> What to do
For the listing below, return the line containing "unfoldable pub log : Text", the line containing "Ordered t ((now, e)", and all lines in between, exactly as written and nothing else.

> Input for this task
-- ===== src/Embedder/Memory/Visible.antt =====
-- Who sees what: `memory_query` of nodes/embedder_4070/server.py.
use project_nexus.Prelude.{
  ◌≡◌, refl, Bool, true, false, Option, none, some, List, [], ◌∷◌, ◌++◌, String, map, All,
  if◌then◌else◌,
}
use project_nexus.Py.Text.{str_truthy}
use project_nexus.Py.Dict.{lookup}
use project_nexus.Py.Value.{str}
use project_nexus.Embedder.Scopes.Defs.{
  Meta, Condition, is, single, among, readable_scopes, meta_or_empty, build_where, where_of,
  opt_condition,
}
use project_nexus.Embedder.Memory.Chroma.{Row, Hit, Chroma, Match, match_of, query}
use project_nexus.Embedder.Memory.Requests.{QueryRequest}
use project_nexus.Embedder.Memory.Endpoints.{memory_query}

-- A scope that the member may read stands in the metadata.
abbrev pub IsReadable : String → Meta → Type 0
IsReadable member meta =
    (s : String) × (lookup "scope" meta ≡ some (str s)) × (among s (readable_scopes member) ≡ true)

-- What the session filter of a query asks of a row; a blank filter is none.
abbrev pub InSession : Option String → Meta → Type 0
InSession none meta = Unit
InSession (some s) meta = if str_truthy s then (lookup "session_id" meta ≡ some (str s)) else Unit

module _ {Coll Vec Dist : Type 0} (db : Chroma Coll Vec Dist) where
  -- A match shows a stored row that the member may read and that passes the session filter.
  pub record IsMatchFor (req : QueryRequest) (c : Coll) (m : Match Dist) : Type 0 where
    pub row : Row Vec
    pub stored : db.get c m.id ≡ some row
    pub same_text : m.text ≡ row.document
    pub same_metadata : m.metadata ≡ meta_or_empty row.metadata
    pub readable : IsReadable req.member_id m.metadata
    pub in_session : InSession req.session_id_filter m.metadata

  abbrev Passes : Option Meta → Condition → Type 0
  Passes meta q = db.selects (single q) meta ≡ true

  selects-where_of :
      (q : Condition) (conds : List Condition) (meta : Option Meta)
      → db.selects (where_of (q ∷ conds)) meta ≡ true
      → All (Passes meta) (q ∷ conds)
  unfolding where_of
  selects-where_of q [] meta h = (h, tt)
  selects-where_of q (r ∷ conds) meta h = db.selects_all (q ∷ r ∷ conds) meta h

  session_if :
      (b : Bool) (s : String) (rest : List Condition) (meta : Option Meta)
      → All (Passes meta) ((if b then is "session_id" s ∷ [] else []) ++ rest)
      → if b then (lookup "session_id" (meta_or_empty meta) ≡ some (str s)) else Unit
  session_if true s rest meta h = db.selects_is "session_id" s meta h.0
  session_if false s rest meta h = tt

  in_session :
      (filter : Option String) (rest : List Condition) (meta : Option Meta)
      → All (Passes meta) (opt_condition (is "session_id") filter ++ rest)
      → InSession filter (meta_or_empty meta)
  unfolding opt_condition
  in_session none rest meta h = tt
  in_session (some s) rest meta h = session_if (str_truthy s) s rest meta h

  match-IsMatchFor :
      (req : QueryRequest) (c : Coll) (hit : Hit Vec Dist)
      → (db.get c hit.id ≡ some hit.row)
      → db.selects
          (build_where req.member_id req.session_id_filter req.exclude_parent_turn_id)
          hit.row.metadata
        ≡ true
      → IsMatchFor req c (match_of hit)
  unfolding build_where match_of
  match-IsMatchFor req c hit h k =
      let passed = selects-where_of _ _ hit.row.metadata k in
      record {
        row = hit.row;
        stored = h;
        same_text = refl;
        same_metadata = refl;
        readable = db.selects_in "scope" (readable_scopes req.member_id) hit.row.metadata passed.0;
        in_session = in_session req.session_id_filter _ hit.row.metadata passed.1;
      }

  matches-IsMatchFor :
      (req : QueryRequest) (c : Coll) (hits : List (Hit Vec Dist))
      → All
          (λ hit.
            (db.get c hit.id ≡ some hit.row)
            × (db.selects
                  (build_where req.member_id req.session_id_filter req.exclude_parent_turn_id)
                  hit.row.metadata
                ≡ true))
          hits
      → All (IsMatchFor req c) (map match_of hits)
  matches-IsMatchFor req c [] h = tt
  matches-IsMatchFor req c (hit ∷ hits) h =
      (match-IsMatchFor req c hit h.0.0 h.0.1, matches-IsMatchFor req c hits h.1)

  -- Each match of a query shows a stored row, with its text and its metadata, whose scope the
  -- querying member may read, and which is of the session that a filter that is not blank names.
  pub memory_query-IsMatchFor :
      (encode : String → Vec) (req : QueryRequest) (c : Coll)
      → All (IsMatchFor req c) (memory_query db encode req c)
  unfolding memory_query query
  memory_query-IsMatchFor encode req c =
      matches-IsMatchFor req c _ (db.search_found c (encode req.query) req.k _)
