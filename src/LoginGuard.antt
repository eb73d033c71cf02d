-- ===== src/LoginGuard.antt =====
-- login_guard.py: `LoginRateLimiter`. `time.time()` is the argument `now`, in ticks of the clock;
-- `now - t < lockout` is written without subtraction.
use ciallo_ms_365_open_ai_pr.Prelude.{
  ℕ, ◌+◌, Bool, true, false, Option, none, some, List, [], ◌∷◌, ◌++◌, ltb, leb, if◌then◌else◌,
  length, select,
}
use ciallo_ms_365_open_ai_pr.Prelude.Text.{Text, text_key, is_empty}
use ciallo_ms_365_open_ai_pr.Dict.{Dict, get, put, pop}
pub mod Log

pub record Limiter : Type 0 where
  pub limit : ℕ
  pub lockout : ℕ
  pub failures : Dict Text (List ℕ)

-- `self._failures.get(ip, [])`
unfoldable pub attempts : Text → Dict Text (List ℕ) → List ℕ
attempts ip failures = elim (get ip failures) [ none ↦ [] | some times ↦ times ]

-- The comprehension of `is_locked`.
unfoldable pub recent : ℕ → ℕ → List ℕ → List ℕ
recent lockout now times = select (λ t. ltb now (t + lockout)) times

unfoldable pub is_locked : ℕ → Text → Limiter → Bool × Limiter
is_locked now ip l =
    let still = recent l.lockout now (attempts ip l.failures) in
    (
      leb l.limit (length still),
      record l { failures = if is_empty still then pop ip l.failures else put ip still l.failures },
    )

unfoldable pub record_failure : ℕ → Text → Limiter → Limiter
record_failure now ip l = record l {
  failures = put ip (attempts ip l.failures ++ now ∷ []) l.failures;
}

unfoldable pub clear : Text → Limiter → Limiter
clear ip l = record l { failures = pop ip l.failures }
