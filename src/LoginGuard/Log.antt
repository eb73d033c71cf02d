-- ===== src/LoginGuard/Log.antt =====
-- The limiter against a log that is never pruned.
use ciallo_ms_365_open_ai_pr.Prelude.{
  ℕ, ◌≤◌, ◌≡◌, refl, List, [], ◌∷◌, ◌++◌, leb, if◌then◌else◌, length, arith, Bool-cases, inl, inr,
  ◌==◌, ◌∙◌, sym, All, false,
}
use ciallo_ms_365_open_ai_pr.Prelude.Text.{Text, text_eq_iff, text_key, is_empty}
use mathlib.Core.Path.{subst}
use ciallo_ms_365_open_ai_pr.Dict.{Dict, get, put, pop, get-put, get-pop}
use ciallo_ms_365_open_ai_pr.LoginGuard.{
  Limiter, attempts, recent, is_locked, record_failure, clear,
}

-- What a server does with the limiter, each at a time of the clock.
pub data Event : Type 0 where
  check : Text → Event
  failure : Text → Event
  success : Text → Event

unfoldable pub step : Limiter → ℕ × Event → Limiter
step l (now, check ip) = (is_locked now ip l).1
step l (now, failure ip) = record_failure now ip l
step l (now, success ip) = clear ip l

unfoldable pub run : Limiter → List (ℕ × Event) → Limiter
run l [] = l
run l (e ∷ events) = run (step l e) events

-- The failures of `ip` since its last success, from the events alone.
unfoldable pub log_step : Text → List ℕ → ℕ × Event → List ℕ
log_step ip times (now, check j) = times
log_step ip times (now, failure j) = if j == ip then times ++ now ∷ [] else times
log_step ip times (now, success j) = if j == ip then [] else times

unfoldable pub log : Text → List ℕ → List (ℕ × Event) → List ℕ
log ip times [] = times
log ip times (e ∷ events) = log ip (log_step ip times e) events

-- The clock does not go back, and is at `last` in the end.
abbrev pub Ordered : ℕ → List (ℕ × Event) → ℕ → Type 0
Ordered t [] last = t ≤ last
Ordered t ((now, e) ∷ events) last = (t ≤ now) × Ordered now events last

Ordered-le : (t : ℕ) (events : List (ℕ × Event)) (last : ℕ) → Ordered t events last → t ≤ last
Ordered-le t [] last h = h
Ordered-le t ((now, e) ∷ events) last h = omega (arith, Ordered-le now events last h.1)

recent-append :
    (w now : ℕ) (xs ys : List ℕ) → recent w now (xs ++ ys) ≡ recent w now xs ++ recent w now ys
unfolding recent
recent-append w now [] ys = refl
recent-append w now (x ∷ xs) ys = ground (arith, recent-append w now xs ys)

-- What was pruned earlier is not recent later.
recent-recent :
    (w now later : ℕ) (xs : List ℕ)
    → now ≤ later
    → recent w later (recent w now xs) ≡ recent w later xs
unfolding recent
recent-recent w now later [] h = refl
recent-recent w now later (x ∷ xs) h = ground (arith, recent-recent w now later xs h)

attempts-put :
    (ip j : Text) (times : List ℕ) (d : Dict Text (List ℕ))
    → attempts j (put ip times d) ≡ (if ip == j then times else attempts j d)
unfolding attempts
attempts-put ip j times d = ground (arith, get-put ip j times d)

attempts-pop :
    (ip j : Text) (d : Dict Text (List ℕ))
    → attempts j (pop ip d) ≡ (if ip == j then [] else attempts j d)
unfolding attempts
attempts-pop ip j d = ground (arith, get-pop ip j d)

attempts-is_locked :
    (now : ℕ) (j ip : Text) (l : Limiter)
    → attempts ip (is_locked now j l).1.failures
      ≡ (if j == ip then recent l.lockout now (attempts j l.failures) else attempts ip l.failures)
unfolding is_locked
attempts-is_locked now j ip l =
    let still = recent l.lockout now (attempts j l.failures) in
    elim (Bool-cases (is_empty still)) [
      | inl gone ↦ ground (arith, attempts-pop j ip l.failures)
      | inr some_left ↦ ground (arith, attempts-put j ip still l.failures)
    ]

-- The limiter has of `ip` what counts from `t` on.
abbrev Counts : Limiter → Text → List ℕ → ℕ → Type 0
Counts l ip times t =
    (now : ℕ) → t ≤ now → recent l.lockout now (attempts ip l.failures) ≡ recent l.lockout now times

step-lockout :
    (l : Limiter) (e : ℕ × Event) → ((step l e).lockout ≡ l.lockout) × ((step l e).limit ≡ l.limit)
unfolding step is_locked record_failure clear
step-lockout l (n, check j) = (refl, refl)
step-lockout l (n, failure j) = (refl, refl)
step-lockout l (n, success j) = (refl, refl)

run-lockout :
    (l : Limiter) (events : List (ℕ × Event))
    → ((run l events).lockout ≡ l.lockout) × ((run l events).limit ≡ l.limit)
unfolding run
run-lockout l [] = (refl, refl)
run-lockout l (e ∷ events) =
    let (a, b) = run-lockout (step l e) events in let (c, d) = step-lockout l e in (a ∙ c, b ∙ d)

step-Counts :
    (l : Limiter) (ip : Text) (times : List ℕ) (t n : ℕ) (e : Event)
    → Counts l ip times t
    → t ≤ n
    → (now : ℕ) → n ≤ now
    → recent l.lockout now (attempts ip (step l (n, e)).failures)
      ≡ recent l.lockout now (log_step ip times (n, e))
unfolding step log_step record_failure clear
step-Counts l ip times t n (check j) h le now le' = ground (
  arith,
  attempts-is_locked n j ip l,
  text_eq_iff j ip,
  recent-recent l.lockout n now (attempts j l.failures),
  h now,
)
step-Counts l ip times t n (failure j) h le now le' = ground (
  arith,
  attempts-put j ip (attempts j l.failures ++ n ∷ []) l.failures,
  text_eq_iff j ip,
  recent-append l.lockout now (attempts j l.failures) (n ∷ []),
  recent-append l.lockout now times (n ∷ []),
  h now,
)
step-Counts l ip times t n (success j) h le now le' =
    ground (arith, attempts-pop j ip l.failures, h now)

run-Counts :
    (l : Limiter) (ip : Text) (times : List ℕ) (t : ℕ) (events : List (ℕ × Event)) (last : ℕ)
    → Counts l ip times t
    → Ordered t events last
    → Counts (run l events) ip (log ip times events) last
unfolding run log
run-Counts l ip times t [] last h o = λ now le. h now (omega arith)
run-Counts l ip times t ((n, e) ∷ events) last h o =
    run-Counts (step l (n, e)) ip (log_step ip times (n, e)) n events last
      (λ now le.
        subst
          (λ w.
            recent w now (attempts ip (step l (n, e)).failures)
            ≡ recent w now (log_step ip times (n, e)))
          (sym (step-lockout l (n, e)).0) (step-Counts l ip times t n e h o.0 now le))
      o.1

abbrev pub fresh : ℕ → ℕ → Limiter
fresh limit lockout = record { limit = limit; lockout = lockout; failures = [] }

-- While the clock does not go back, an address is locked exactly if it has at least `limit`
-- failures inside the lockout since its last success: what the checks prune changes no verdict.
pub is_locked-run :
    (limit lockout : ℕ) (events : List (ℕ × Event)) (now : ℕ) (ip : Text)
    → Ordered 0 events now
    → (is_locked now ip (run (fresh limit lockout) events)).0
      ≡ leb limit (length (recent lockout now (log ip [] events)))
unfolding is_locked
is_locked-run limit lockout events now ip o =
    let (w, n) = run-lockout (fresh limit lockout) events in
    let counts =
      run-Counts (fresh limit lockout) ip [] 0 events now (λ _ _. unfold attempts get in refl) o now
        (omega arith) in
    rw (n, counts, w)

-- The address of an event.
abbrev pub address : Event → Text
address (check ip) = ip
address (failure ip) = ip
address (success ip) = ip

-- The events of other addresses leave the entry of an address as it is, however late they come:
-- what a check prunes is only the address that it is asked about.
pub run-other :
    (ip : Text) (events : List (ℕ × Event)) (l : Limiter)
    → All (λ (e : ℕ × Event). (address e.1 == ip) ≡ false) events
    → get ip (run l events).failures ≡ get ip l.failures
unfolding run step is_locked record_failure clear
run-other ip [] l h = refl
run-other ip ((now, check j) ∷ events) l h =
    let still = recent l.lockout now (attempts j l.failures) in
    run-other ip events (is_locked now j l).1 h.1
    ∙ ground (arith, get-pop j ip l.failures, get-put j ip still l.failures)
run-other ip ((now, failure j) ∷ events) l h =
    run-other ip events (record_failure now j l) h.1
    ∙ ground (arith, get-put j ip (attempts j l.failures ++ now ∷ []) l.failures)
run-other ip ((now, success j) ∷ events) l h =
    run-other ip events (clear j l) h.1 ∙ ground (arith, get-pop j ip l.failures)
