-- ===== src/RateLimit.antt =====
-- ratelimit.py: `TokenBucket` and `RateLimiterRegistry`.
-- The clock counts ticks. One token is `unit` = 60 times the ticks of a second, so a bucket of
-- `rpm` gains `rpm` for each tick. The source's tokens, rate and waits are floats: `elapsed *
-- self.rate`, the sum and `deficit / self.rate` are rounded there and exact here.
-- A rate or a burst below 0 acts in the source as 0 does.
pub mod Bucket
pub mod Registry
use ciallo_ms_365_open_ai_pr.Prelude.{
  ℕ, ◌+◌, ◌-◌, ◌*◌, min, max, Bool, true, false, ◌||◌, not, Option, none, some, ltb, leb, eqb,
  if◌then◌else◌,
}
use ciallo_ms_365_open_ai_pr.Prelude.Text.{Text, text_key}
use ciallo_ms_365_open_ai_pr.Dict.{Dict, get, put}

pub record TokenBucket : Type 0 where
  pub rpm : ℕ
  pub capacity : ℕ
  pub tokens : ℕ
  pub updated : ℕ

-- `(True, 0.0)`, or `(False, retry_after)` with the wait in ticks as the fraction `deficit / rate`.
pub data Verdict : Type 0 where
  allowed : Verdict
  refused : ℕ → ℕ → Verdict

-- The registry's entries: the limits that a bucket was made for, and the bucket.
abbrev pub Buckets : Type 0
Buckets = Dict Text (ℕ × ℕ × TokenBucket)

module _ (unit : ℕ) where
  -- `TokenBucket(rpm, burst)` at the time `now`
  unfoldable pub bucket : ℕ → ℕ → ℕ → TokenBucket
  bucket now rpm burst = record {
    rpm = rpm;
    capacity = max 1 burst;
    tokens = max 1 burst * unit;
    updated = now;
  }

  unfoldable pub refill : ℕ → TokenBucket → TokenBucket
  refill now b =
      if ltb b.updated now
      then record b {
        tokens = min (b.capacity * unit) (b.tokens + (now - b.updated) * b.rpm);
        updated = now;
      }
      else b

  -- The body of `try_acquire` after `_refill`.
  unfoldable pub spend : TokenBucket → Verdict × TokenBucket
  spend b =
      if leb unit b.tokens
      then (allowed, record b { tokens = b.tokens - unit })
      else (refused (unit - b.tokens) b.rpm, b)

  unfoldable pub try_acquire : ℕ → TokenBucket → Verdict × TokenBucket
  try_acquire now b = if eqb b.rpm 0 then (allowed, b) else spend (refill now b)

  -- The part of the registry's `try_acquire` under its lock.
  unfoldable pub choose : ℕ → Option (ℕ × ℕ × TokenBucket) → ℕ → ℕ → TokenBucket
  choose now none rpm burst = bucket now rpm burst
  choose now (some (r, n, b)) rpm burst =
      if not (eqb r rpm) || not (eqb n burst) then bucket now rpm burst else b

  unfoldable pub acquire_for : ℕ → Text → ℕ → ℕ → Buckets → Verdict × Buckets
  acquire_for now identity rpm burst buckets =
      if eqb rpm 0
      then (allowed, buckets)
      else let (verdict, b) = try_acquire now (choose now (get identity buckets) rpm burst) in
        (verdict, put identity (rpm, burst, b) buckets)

> Reply
unfoldable pub log : Text → List ℕ → List (ℕ × Event) → List ℕ
log ip times [] = times
log ip times (e ∷ events) = log ip (log_step ip times e) events

-- The clock does not go back, and is at `last` in the end.
abbrev pub Ordered : ℕ → List (ℕ × Event) → ℕ → Type 0
Ordered t [] last = t ≤ last
Ordered t ((now, e) ∷ events) last = (t ≤ now) × Ordered now events last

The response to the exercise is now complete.